Un convegno per ricordare che Cesena, il 3 febbraio 1377, fu teatro di uno degli eccidi più sanguinosi dell’intera storia medievale. È conosciuto come “sacco dei Bretoni” e ne parleranno, questo sabato alle 10.45, nella Sala Lignea della Biblioteca Malatestiana, due grandi cultori della storia: l’avvocato Andrea Sirotti Gaudenzi, autore del libro “L’eccidio di Cesena: una strage dimenticata”, pubblicato da Maretti Editore, e Daniele Molinari, anche lui avvocato e presidente dell’associazione “Giostra di Cesena” e profondo conoscitore delle radici storiche del territorio.
Quello che avvenne 649 anni fa aprì una ferita non rimarginabile, che ha cambiato il destino della città, perché gran parte della popolazione fu massacrata e quindi i cittadini di oggi sono in gran parte lontani discendenti di chi venne ad abitare qui nei decenni successivi. Ma quella pagina nerissima del passato non è ancora abbastanza nota rispetto alla sua tragicità e importanza. E non è stata ancora del tutto scandagliata: c’è ancora tanto da dire e da raccontare e l’incontro di dopo domani promette qualche colpo di scena. In particolare, Molinari ha individuato documenti dell’epoca inediti, che promettono di fare riemergere dall’oblio la figura di un condottiero di ventura al comando di gruppi di mercenari che furono protagonisti di quella strage. È una pista di ricerca stimolante per andare oltre le tante narrazioni riferite al ruolo chiave nell’eccidio che ebbe John Hawkwood, italianizzato in Giovanni Acuto.
L’evento alla Malatestiana, moderato da Paolo Morelli, è promosso dall’associazione “Giostra di Cesena” e punta a fare chiarezza su uno degli episodi più drammatici del medioevo italiano. Fu un eccidio brutale, perpetrato dalle milizie mercenarie bretoni, che costò la vita a migliaia di civili inermi.
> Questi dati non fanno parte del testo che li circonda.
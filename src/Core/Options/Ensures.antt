-- ===== src/Core/Options/Ensures.antt =====
-- Postconditions of the checks in ProcessCliArguments: what a success ensures.
use mathlib.Core.Option
use loadmaster.Prelude.{◌≡◌, refl, Bool, true, false, Option, none, some, if◌then◌else◌}
use loadmaster.Prelude.Int.{ℤ}
use loadmaster.Prelude.Numbers.{IsInt}
use loadmaster.Core.Options.{Options, when_given, ◌>>=◌}

-- What a success ensures.
abbrev pub Ensures {ℓ κ} : {A : Type ℓ} → (A → Type κ) → Option A → Type κ
Ensures P none = Unit
Ensures P (some a) = P a

module _ {ℓ κ μ} {A : Type ℓ} {B : Type κ} (P : A → Type μ) (Q : B → Type μ) where
  pub Ensures-bind :
      (m : Option A) (f : A → Option B)
      → Ensures P m
      → ((a : A) → P a → Ensures Q (f a))
      → Ensures Q (m >>= f)
  Ensures-bind none f h k = tt
  Ensures-bind (some a) f h k = k a h

module _ {ℓ} {A : Type ℓ} (P : Options → Type 0) (o : Options) where
  pub Ensures-when_given :
      (given : Option A) (f : A → Option Options)
      → P o
      → ((v : A) → Ensures P (f v))
      → Ensures P (when_given given o f)
  Ensures-when_given none f h k = h
  Ensures-when_given (some v) f h k = k v

pub Ensures-unless {ℓ κ} :
    {A : Type ℓ} (P : A → Type κ) (refused : Bool) (r : Option A)
    → (refused ≡ false → Ensures P r)
    → Ensures P (if refused then none else r)
Ensures-unless P true r h = tt
Ensures-unless P false r h = h refl

pub Ensures-map {ℓ κ μ} :
    {A : Type ℓ} {B : Type κ} (P : B → Type μ) (f : A → B) (r : Option A)
    → ((a : A) → r ≡ some a → P (f a))
    → Ensures P (Option.map f r)
Ensures-map P f none h = tt
Ensures-map P f (some a) h = h a refl

pub anything {ℓ} : {A : Type ℓ} (r : Option A) → Ensures (λ _. Unit {0}) r
anything none = tt
anything (some a) = tt

-- What a given argument is.
abbrev pub Given {ℓ κ} : {A : Type ℓ} → (A → Type κ) → Option A → Type κ
Given P none = Unit
Given P (some a) = P a

pub given_int :
    (P : Options → Type 0) (o : Options) (given : Option ℤ) (f : ℤ → Option Options)
    → Given IsInt given
    → P o
    → ((v : ℤ) → IsInt v → Ensures P (f v))
    → Ensures P (when_given given o f)
given_int P o none f g h k = h
given_int P o (some v) f g h k = k v g
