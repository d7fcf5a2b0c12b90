-- ===== src/Cli/Extract.antt =====
-- ExtractArguments on the arguments that spell a CliArgument.
use mathlib.Core.List.{append-nil}
use loadmaster.Prelude.{◌≡◌, refl, ap, ◌∙◌, List, [], ◌∷◌, ◌++◌, Option, none, some, Text, codes}
use loadmaster.Prelude.Int.{ℤ}
use loadmaster.Prelude.Numbers.{parsed, IsInt, from_chars, show_int, from_chars-show_int}
use loadmaster.Core.Options.Arguments.{CliArgument, no_arguments}
use loadmaster.Core.Options.Ensures.{Given}
use loadmaster.Cli.{
  IntField, TextField, cpu_load, cpu_count, memory_mb, gpu_load, gpu_memory_mb, log_level,
  cpu_algorithm, gpu_indices, gpu_vendor, gpu_algorithm, read_int, read_string_view, set_int,
  set_text, specs, find_spec, read_int_token, read_value, continue, extract,
}

-- The flag of a field.
abbrev pub int_flag : IntField → Text
int_flag cpu_load = codes "-l"
int_flag cpu_count = codes "-c"
int_flag memory_mb = codes "-m"
int_flag gpu_load = codes "-g"
int_flag gpu_memory_mb = codes "-gm"

abbrev pub text_flag : TextField → Text
text_flag log_level = codes "-L"
text_flag cpu_algorithm = codes "-ca"
text_flag gpu_indices = codes "-gi"
text_flag gpu_vendor = codes "-gv"
text_flag gpu_algorithm = codes "-ga"

abbrev pub show_int_field : IntField → Option ℤ → List Text
show_int_field f none = []
show_int_field f (some v) = int_flag f ∷ show_int v ∷ []

abbrev pub show_text_field : TextField → Option Text → List Text
show_text_field f none = []
show_text_field f (some t) = text_flag f ∷ t ∷ []

-- A command line for the given arguments.
pub render : CliArgument → List Text
render a =
    show_int_field cpu_load a.cpu_load
    ++ (show_int_field cpu_count a.cpu_count
        ++ (show_int_field memory_mb a.memory_mb
            ++ (show_text_field log_level a.log_level
                ++ (show_text_field cpu_algorithm a.cpu_algorithm
                    ++ (show_int_field gpu_load a.gpu_load
                        ++ (show_int_field gpu_memory_mb a.gpu_memory_mb
                            ++ (show_text_field gpu_indices a.gpu_indices
                                ++ (show_text_field gpu_vendor a.gpu_vendor
                                    ++ (show_text_field gpu_algorithm a.gpu_algorithm ++ [])))))))))

find_int_flag : (f : IntField) → find_spec (int_flag f) specs ≡ some (read_int f)
unfolding find_spec
find_int_flag cpu_load = refl
find_int_flag cpu_count = refl
find_int_flag memory_mb = refl
find_int_flag gpu_load = refl
find_int_flag gpu_memory_mb = refl

find_text_flag : (f : TextField) → find_spec (text_flag f) specs ≡ some (read_string_view f)
unfolding find_spec
find_text_flag log_level = refl
find_text_flag cpu_algorithm = refl
find_text_flag gpu_indices = refl
find_text_flag gpu_vendor = refl
find_text_flag gpu_algorithm = refl

read_int_token-show_int : (v : ℤ) → IsInt v → read_int_token (show_int v) ≡ some v
unfolding read_int_token
read_int_token-show_int v i =
    let read : from_chars (show_int v) ≡ parsed v [] =
      rw append-nil at (from_chars-show_int v [] i tt) in
    rw read

-- A field set to what is given for it, also to nothing.
abbrev put_int : IntField → Option ℤ → CliArgument → CliArgument
put_int cpu_load g a = record a { cpu_load = g }
put_int cpu_count g a = record a { cpu_count = g }
put_int memory_mb g a = record a { memory_mb = g }
put_int gpu_load g a = record a { gpu_load = g }
put_int gpu_memory_mb g a = record a { gpu_memory_mb = g }

abbrev put_text : TextField → Option Text → CliArgument → CliArgument
put_text log_level g a = record a { log_level = g }
put_text cpu_algorithm g a = record a { cpu_algorithm = g }
put_text gpu_indices g a = record a { gpu_indices = g }
put_text gpu_vendor g a = record a { gpu_vendor = g }
put_text gpu_algorithm g a = record a { gpu_algorithm = g }

set_int-put_int :
    (f : IntField) (a : CliArgument) (v : ℤ) → set_int f (put_int f none a) v ≡ put_int f (some v) a
set_int-put_int cpu_load a v = refl
set_int-put_int cpu_count a v = refl
set_int-put_int memory_mb a v = refl
set_int-put_int gpu_load a v = refl
set_int-put_int gpu_memory_mb a v = refl

set_text-put_text :
    (f : TextField) (a : CliArgument) (t : Text)
    → set_text f (put_text f none a) t ≡ put_text f (some t) a
set_text-put_text log_level a t = refl
set_text-put_text cpu_algorithm a t = refl
set_text-put_text gpu_indices a t = refl
set_text-put_text gpu_vendor a t = refl
set_text-put_text gpu_algorithm a t = refl

-- Reading back one field, given or not.
extract-int_field :
    (f : IntField) (given : Option ℤ) (a : CliArgument) (more : List Text)
    → Given IsInt given
    → extract (put_int f none a) (show_int_field f given ++ more) ≡ extract (put_int f given a) more
unfolding extract read_value
extract-int_field f none a more i = refl
extract-int_field f (some v) a more i =
    rw (find_int_flag f, extract)
      (rw (read_int_token-show_int v i, extract) (ap (λ b. extract b more) (set_int-put_int f a v)))

extract-text_field :
    (f : TextField) (given : Option Text) (a : CliArgument) (more : List Text)
    → extract (put_text f none a) (show_text_field f given ++ more)
      ≡ extract (put_text f given a) more
unfolding extract read_value
extract-text_field f none a more = refl
extract-text_field f (some t) a more =
    rw (find_text_flag f, extract) (ap (λ b. extract b more) (set_text-put_text f a t))

extract-nil : (a : CliArgument) → extract a [] ≡ continue a
unfolding extract
extract-nil a = refl

-- Every integer that a CliArgument holds is an `int`.
pub record AllInts (a : CliArgument) : Type 0 where
  pub load : Given IsInt a.cpu_load
  pub count : Given IsInt a.cpu_count
  pub memory : Given IsInt a.memory_mb
  pub gpu : Given IsInt a.gpu_load
  pub gpu_memory : Given IsInt a.gpu_memory_mb

-- Whatever a CliArgument holds, the command line that spells it gives it back: each flag fills
-- its own field, integers with the value written and texts as they are, and a field that no
-- flag names stays empty.
pub extract-render : (a : CliArgument) → AllInts a → extract no_arguments (render a) ≡ continue a
unfolding render
extract-render a i =
    let a1 = put_int cpu_load a.cpu_load no_arguments in
    let a2 = put_int cpu_count a.cpu_count a1 in
    let a3 = put_int memory_mb a.memory_mb a2 in
    let a4 = put_text log_level a.log_level a3 in
    let a5 = put_text cpu_algorithm a.cpu_algorithm a4 in
    let a6 = put_int gpu_load a.gpu_load a5 in
    let a7 = put_int gpu_memory_mb a.gpu_memory_mb a6 in
    let a8 = put_text gpu_indices a.gpu_indices a7 in
    let a9 = put_text gpu_vendor a.gpu_vendor a8 in
    let a10 = put_text gpu_algorithm a.gpu_algorithm a9 in
    extract-int_field cpu_load a.cpu_load no_arguments _ i.load
    ∙ extract-int_field cpu_count a.cpu_count a1 _ i.count
    ∙ extract-int_field memory_mb a.memory_mb a2 _ i.memory
    ∙ extract-text_field log_level a.log_level a3 _
    ∙ extract-text_field cpu_algorithm a.cpu_algorithm a4 _
    ∙ extract-int_field gpu_load a.gpu_load a5 _ i.gpu
    ∙ extract-int_field gpu_memory_mb a.gpu_memory_mb a6 _ i.gpu_memory
    ∙ extract-text_field gpu_indices a.gpu_indices a7 _
    ∙ extract-text_field gpu_vendor a.gpu_vendor a8 _
    ∙ extract-text_field gpu_algorithm a.gpu_algorithm a9 _
    ∙ extract-nil a
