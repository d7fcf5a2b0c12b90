-- ===== src/Core/Options/Indices/Distinct.antt =====
-- The test for duplicates: two equal neighbours in the sorted list.
use loadmaster.Prelude.{
  ℕ, suc, ◌≤◌, ◌<◌, ◌≡◌, refl, inl, inr, true, false, List, [], ◌∷◌, arith, ◌==◌, leb,
  if◌then◌else◌, Bool-cases, All, leb→le, leb→lt,
}
use loadmaster.Core.Options.Indices.{insert_sorted, sort, has_equal_neighbours}

-- How often `a` stands in a list.
abbrev pub count : ℕ → List ℕ → ℕ
count a [] = 0
count a (x ∷ xs) = if x == a then suc (count a xs) else count a xs

count-insert_sorted : (a x : ℕ) (ys : List ℕ) → count a (insert_sorted x ys) ≡ count a (x ∷ ys)
unfolding insert_sorted
count-insert_sorted a x [] = refl
count-insert_sorted a x (y ∷ ys) = ground (arith, count-insert_sorted a x ys)

count-sort : (a : ℕ) (xs : List ℕ) → count a (sort xs) ≡ count a xs
unfolding sort
count-sort a [] = refl
count-sort a (x ∷ xs) = ground (arith, count-insert_sorted a x (sort xs), count-sort a xs)

abbrev IsSorted : List ℕ → Type 0
IsSorted [] = Unit
IsSorted (x ∷ xs) = All (λ y. x ≤ y) xs × IsSorted xs

All-insert_sorted :
    (b x : ℕ) (ys : List ℕ) → b ≤ x → All (λ y. b ≤ y) ys → All (λ y. b ≤ y) (insert_sorted x ys)
unfolding insert_sorted
All-insert_sorted b x [] h a = (h, tt)
All-insert_sorted b x (y ∷ ys) h a = elim (Bool-cases (leb x y)) [
  | inl here ↦ rw here (h, a)
  | inr later ↦ rw later (a.0, All-insert_sorted b x ys h a.1)
]

All-le_trans : (b x : ℕ) (ys : List ℕ) → b ≤ x → All (λ y. x ≤ y) ys → All (λ y. b ≤ y) ys
All-le_trans b x [] h a = tt
All-le_trans b x (y ∷ ys) h a = (omega arith, All-le_trans b x ys h a.1)

insert_sorted-IsSorted : (x : ℕ) (ys : List ℕ) → IsSorted ys → IsSorted (insert_sorted x ys)
unfolding insert_sorted
insert_sorted-IsSorted x [] s = (tt, tt)
insert_sorted-IsSorted x (y ∷ ys) s = elim (Bool-cases (leb x y)) [
  | inl here ↦ rw here ((leb→le x y here, All-le_trans x y ys (leb→le x y here) s.0), s)
  | inr later ↦
      let below : y < x = leb→lt x y later in
      rw later (All-insert_sorted y x ys (omega arith) s.0, insert_sorted-IsSorted x ys s.1)
]

sort-IsSorted : (xs : List ℕ) → IsSorted (sort xs)
unfolding sort
sort-IsSorted [] = tt
sort-IsSorted (x ∷ xs) = insert_sorted-IsSorted x (sort xs) (sort-IsSorted xs)

count_below : (a b : ℕ) (xs : List ℕ) → a < b → All (λ y. b ≤ y) xs → count a xs ≡ 0
count_below a b [] h s = refl
count_below a b (x ∷ xs) h s = ground (arith, count_below a b xs h s.1)

sorted_distinct :
    (xs : List ℕ) → IsSorted xs → has_equal_neighbours xs ≡ false → (a : ℕ) → count a xs ≤ 1
unfolding has_equal_neighbours
sorted_distinct [] s h a = omega arith
sorted_distinct (x ∷ []) s h a = ground arith
sorted_distinct (x ∷ y ∷ ys) s h a =
    let rest : has_equal_neighbours (y ∷ ys) ≡ false = ground arith in
    ground (arith, count_below x y (y ∷ ys), sorted_distinct (y ∷ ys) s.1 rest a)

neighbours_twice : (xs : List ℕ) → has_equal_neighbours xs ≡ true → (a : ℕ) × (2 ≤ count a xs)
unfolding has_equal_neighbours
neighbours_twice [] h = cc
neighbours_twice (x ∷ []) h = cc
neighbours_twice (x ∷ y ∷ ys) h = elim (Bool-cases (x == y)) [
  | inl same ↦ (x, ground arith)
  | inr other ↦ let (a, twice) = neighbours_twice (y ∷ ys) (rw other at h) in (a, ground arith)
]

-- Sorting leaves equal neighbours exactly if some number is listed twice.
pub no_duplicates :
    (xs : List ℕ) → has_equal_neighbours (sort xs) ≡ false → (a : ℕ) → count a xs ≤ 1
no_duplicates xs h a =
    omega (arith, sorted_distinct (sort xs) (sort-IsSorted xs) h a, count-sort a xs)

pub distinct_accepted :
    (xs : List ℕ) → ((a : ℕ) → count a xs ≤ 1) → has_equal_neighbours (sort xs) ≡ false
distinct_accepted xs h = elim (Bool-cases (has_equal_neighbours (sort xs))) [
  | inl found ↦
      let (a, twice) = neighbours_twice (sort xs) found in
      absurd (omega (arith, twice, count-sort a xs, h a))
  | inr none_found ↦ none_found
]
Il libro in cui Sirotti Gaudenzi ha raccontato la vicenda non è solo una cronaca dei fatti, ma un’analisi lucida delle ragioni politiche e umane che portarono a una sconcertante efferatezza.
Dal canto suo, Molinari contribuirà col suo amore palpabile per il binomio storia-identità e svelerà informazioni mai divulgate che ha scoperto grazie a capillari ricerche d’archivio.
L’obiettivo dell’iniziativa è duplice: da un lato l’accuratezza della divulgazione storica, dall’altro il valore civile della memoria.
A chi chiede perché parlare oggi di una strage di sei secoli e mezzo fa gli organizzatori rispondono che «una comunità che ignora le proprie tragedie è una comunità più fragile». E fanno notare che l’appuntamento in Malatestiana «rappresenta un’occasione preziosa per riappropriarsi di un pezzo di identità cittadina, rendendo omaggio a quelle vittime che la storia, troppo spesso, ha preferito dimenticare». Un mattatoio in cui persero la vita circa 5 mila cesenati, per decisione del cardinale Roberto di Ginevra, definito “macellator caesenatum”.